In the entries below, the lines from the one with "pub data ReadEnd : Type 0 where" through the one with "unfoldable pub read_full" are to be copied exactly; both ends count.

DATA FOR THIS TASK: Begin

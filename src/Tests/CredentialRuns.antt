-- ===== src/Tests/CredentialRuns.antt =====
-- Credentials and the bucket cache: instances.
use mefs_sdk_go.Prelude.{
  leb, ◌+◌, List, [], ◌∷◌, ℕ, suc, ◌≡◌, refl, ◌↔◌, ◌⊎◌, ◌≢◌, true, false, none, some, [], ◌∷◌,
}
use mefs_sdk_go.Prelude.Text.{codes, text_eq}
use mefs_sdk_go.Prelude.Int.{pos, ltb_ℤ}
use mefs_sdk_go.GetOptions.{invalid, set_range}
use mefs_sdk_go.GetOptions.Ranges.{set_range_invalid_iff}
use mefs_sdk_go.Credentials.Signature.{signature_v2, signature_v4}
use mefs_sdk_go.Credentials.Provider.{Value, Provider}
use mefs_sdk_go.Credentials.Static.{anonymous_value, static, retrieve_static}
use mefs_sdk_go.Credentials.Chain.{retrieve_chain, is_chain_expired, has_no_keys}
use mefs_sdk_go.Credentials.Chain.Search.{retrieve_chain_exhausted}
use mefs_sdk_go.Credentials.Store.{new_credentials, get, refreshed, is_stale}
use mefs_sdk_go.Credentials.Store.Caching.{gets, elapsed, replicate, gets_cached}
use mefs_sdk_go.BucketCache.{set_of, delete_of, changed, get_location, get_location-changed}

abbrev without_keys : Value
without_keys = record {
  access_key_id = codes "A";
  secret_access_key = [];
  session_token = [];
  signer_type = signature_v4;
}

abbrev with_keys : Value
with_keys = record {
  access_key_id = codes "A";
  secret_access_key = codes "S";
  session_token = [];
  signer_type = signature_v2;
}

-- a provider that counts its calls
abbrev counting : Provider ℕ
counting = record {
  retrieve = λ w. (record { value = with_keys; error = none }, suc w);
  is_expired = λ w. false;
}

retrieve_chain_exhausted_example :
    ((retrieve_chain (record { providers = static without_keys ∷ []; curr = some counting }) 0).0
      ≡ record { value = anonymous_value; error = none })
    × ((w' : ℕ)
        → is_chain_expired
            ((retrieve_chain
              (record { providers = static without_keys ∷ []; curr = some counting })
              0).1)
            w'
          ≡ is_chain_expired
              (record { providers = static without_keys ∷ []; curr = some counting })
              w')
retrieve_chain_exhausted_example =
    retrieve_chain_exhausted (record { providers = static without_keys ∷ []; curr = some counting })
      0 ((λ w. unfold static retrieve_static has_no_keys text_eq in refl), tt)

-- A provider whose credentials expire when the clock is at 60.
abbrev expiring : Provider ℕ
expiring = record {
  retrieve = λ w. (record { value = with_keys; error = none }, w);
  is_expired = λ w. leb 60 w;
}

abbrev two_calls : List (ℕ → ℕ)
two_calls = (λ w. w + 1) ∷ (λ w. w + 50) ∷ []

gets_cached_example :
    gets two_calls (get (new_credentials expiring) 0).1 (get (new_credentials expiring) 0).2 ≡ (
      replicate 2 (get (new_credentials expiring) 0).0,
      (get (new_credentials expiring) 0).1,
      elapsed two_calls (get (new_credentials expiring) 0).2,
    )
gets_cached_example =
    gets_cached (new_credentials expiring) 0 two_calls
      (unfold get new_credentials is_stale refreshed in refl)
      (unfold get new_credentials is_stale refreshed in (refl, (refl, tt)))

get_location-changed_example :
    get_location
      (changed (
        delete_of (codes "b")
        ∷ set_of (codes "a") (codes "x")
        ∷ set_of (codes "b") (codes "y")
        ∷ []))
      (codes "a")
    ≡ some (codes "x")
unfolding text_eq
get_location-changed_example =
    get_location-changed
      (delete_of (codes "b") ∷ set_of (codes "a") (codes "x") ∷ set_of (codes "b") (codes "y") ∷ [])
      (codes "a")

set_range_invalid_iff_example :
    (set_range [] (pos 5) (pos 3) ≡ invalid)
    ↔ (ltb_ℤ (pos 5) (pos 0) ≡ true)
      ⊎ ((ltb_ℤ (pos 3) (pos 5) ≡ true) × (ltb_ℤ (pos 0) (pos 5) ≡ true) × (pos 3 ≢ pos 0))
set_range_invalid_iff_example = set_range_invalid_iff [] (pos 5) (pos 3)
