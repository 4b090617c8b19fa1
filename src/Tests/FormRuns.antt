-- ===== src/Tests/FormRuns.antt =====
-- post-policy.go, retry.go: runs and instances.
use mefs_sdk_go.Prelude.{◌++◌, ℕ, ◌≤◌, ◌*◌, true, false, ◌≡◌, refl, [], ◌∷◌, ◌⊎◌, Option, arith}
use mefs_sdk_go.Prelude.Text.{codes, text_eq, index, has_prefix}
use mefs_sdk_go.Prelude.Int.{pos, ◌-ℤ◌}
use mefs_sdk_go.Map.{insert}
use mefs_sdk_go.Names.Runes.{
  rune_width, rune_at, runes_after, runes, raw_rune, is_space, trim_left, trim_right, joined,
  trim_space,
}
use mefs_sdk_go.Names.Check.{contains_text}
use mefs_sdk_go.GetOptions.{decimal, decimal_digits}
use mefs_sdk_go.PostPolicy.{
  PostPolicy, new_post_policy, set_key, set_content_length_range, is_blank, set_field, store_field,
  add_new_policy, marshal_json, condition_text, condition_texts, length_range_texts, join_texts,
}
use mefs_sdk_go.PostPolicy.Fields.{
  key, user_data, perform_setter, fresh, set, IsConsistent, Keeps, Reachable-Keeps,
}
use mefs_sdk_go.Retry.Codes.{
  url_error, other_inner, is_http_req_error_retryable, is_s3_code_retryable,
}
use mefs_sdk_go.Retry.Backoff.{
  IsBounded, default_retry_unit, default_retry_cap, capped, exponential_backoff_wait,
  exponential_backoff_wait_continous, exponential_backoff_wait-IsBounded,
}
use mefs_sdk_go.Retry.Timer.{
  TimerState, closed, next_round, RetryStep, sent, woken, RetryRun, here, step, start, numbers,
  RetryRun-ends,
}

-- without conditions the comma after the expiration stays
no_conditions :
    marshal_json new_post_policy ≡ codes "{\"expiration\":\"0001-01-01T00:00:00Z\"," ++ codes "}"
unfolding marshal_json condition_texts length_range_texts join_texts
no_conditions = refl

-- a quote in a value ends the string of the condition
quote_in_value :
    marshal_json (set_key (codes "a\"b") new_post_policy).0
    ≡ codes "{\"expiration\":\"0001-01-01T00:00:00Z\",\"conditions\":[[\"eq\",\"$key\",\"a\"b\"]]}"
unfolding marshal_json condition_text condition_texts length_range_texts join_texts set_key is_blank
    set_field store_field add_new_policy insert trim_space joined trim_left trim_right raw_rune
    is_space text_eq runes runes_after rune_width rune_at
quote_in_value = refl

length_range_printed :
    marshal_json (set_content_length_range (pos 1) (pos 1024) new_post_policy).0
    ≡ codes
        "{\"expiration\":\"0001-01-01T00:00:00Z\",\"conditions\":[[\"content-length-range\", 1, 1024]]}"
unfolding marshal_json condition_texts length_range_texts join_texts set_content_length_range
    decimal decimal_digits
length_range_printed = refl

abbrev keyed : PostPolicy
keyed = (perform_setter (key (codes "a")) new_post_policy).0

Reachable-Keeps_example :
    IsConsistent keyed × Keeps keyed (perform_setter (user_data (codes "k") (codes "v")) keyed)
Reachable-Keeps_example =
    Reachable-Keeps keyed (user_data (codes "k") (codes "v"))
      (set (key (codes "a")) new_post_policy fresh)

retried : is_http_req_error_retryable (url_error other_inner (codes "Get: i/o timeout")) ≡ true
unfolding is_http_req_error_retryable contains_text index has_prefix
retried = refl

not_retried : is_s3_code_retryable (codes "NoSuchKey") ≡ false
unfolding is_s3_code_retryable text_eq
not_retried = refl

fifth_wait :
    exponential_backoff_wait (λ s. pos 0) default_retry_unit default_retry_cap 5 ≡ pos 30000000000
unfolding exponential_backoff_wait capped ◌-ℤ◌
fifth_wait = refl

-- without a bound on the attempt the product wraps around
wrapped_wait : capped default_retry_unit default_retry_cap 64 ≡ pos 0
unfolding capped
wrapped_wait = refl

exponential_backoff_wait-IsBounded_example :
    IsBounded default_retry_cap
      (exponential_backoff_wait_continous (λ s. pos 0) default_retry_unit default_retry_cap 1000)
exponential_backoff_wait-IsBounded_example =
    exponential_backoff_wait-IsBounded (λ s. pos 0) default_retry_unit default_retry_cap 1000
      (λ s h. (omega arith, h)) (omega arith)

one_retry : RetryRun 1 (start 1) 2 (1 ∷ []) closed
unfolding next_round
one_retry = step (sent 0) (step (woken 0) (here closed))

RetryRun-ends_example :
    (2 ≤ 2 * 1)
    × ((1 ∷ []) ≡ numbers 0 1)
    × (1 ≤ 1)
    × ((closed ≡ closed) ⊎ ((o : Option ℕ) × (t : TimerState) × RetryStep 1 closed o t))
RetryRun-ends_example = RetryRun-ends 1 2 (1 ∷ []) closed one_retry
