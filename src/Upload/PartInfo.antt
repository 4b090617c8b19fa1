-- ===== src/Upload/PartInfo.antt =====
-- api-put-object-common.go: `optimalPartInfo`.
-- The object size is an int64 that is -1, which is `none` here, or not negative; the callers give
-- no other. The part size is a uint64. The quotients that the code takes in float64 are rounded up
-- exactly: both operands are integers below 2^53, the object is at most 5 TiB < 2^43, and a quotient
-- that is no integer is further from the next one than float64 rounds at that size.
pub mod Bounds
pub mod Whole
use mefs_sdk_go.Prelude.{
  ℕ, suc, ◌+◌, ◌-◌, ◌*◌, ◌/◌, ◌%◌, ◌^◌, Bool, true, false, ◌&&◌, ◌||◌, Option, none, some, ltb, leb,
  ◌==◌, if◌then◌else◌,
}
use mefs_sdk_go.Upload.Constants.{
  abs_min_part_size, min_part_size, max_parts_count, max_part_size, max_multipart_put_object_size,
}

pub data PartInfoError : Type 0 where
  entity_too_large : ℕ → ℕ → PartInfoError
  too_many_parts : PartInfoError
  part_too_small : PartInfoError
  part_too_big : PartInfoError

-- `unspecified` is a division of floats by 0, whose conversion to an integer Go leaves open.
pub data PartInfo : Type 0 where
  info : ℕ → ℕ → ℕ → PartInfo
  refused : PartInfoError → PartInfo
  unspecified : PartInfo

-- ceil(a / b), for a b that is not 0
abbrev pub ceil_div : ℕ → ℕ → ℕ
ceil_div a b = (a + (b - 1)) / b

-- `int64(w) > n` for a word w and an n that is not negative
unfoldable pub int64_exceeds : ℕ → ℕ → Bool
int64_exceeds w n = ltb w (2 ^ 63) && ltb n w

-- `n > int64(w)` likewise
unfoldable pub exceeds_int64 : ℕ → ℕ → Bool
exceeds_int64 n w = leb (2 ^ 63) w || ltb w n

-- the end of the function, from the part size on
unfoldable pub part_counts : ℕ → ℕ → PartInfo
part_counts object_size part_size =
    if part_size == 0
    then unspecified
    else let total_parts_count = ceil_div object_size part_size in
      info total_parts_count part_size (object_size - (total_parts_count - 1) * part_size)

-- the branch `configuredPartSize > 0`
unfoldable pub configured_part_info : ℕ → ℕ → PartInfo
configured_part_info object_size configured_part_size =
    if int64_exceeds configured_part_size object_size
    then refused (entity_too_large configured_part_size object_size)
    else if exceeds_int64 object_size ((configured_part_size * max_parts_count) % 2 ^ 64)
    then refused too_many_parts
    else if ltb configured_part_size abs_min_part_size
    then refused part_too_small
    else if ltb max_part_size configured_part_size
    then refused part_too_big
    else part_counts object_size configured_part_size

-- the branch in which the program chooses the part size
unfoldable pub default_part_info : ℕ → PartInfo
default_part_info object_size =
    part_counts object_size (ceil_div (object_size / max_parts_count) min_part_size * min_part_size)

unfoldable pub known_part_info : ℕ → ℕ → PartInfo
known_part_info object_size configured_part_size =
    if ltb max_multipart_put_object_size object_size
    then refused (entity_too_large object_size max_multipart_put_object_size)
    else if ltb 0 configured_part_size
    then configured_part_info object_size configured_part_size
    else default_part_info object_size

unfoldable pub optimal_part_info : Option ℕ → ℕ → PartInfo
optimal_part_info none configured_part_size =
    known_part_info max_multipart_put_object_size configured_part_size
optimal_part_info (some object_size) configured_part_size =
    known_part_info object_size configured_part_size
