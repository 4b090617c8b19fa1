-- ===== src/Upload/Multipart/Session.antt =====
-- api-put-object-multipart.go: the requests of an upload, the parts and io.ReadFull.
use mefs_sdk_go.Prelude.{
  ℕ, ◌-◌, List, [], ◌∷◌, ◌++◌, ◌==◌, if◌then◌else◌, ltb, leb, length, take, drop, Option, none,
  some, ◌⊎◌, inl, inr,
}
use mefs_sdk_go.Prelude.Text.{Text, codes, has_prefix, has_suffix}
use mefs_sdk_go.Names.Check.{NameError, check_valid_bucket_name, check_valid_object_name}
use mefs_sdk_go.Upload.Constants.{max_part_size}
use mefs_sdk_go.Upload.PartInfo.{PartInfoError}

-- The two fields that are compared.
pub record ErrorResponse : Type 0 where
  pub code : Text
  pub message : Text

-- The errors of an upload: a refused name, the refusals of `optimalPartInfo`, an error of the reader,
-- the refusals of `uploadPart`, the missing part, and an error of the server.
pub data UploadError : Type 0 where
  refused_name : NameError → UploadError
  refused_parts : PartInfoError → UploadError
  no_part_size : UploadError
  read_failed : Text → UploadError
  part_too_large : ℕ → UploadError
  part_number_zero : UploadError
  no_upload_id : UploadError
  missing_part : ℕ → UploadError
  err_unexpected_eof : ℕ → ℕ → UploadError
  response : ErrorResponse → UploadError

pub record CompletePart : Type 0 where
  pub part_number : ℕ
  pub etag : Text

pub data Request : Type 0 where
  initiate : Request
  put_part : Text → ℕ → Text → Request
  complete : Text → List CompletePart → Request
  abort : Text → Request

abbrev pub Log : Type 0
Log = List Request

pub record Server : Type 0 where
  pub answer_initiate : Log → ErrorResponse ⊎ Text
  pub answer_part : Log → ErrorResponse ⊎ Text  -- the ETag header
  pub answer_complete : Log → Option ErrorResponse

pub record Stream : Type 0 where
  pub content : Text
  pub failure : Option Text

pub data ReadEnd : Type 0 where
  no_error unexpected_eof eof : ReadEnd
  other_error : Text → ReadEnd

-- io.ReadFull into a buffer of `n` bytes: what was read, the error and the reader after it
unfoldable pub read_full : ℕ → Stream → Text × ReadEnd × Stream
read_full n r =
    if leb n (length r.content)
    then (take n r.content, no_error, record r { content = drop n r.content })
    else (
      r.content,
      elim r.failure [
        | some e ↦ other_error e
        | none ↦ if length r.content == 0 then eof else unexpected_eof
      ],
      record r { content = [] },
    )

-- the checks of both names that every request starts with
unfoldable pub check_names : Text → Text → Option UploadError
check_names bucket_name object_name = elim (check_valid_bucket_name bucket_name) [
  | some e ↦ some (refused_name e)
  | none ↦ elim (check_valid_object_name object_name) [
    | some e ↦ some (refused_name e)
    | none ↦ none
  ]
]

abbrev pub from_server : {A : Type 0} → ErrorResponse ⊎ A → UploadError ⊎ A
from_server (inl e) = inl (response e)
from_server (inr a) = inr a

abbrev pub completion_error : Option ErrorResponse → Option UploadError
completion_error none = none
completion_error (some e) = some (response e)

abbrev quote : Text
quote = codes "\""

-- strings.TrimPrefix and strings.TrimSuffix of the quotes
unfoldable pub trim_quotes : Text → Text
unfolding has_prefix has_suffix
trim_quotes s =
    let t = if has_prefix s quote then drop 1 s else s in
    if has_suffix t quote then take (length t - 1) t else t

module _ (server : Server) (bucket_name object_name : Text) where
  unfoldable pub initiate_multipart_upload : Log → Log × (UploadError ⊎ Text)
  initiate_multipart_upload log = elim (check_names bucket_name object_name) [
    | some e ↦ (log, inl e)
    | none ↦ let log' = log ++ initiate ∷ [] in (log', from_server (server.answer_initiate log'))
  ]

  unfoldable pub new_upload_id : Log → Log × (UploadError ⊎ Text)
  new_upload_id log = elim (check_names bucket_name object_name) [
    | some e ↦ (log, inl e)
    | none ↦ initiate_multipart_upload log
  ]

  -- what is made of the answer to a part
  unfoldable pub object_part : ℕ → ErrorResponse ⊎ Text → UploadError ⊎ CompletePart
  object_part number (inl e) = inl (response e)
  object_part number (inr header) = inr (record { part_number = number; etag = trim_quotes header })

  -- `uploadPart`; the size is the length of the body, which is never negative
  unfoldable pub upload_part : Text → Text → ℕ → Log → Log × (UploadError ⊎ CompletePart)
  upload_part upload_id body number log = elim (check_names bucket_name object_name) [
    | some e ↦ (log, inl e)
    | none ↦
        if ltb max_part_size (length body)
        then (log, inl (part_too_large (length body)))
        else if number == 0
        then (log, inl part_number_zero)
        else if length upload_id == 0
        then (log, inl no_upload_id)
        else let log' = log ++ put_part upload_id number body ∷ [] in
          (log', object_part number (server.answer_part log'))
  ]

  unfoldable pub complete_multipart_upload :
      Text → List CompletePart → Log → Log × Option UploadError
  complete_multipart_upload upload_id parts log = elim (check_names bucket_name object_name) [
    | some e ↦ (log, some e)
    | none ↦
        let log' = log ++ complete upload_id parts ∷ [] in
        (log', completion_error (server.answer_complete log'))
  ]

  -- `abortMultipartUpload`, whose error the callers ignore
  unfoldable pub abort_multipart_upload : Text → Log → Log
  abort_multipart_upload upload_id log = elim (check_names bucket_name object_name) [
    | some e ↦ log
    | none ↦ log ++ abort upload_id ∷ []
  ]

DATA FOR THIS TASK: End

## THE COMPLETED TASK
pub data ReadEnd : Type 0 where
  no_error unexpected_eof eof : ReadEnd
  other_error : Text → ReadEnd

-- io.ReadFull into a buffer of `n` bytes: what was read, the error and the reader after it
unfoldable pub read_full : ℕ → Stream → Text × ReadEnd × Stream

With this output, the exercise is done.